## [Work request]
For the data below, restate word for word only the lines from the line containing "pub mod WellFormed" through the line containing "write_property : Property", both ends included.

#### Data shown ####

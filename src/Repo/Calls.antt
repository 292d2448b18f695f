-- ===== src/Repo/Calls.antt =====
-- The writes of the repositories as one type of calls, and the database after any sequence of them.
pub mod WellFormed
pub mod References
use contrato_core.Base.{String, List, [], ◌∷◌}
use contrato_core.Storage.{
  PutOptions, ObjectPutOptions, Kind, Status, ModelVersion, Node, Edge, Property, ContractRecord,
  Object,
}
use contrato_core.Storage.Server.{World}
use contrato_core.Repo.ModelVersions.{create}
use contrato_core.Repo.Graph.{put_node, put_edge}
use contrato_core.Repo.Properties.{put_property}
use contrato_core.Repo.Contracts.{put_contract}
use contrato_core.Repo.Objects.{put_object, delete_by_node_id}
use contrato_core.Repo.Registries.{create_tenant, create_type, create_status}

pub data Call : Type 0 where
  new_tenant : String → Call
  new_type : Kind → Call
  new_status : Status → Call
  new_model_version : ModelVersion → Call
  write_node : Node → PutOptions → Call
  write_edge : Edge → PutOptions → Call
  write_property : Property → PutOptions → Call
  write_contract : ContractRecord → PutOptions → Call
  write_object : Object → ObjectPutOptions → Call
  delete_objects : String → String → Call

module _ (etag_of : String → String) where
  -- The world that a call leaves, whether it succeeds or fails.
  unfoldable pub perform : Call → World → World
  perform (new_tenant name) w = (create_tenant name w).1
  perform (new_type k) w = (create_type k w).1
  perform (new_status s) w = (create_status s w).1
  perform (new_model_version mv) w = (create mv w).1
  perform (write_node n opts) w = (put_node n opts w).1
  perform (write_edge x opts) w = (put_edge x opts w).1
  perform (write_property p opts) w = (put_property p opts w).1
  perform (write_contract rec opts) w = (put_contract rec opts w).1
  perform (write_object o opts) w = (put_object etag_of o opts w).1
  perform (delete_objects tenant_id node_id) w = (delete_by_node_id tenant_id node_id w).1

  unfoldable pub perform_all : List Call → World → World
  perform_all [] w = w
  perform_all (c ∷ cs) w = perform_all cs (perform c w)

####

## [Response to this exercise]
pub mod WellFormed
pub mod References
use contrato_core.Base.{String, List, [], ◌∷◌}
use contrato_core.Storage.{
  PutOptions, ObjectPutOptions, Kind, Status, ModelVersion, Node, Edge, Property, ContractRecord,
  Object,
}
use contrato_core.Storage.Server.{World}
use contrato_core.Repo.ModelVersions.{create}
use contrato_core.Repo.Graph.{put_node, put_edge}
use contrato_core.Repo.Properties.{put_property}
use contrato_core.Repo.Contracts.{put_contract}
use contrato_core.Repo.Objects.{put_object, delete_by_node_id}
use contrato_core.Repo.Registries.{create_tenant, create_type, create_status}

pub data Call : Type 0 where
  new_tenant : String → Call
  new_type : Kind → Call
  new_status : Status → Call
  new_model_version : ModelVersion → Call
  write_node : Node → PutOptions → Call
  write_edge : Edge → PutOptions → Call
  write_property : Property → PutOptions → Call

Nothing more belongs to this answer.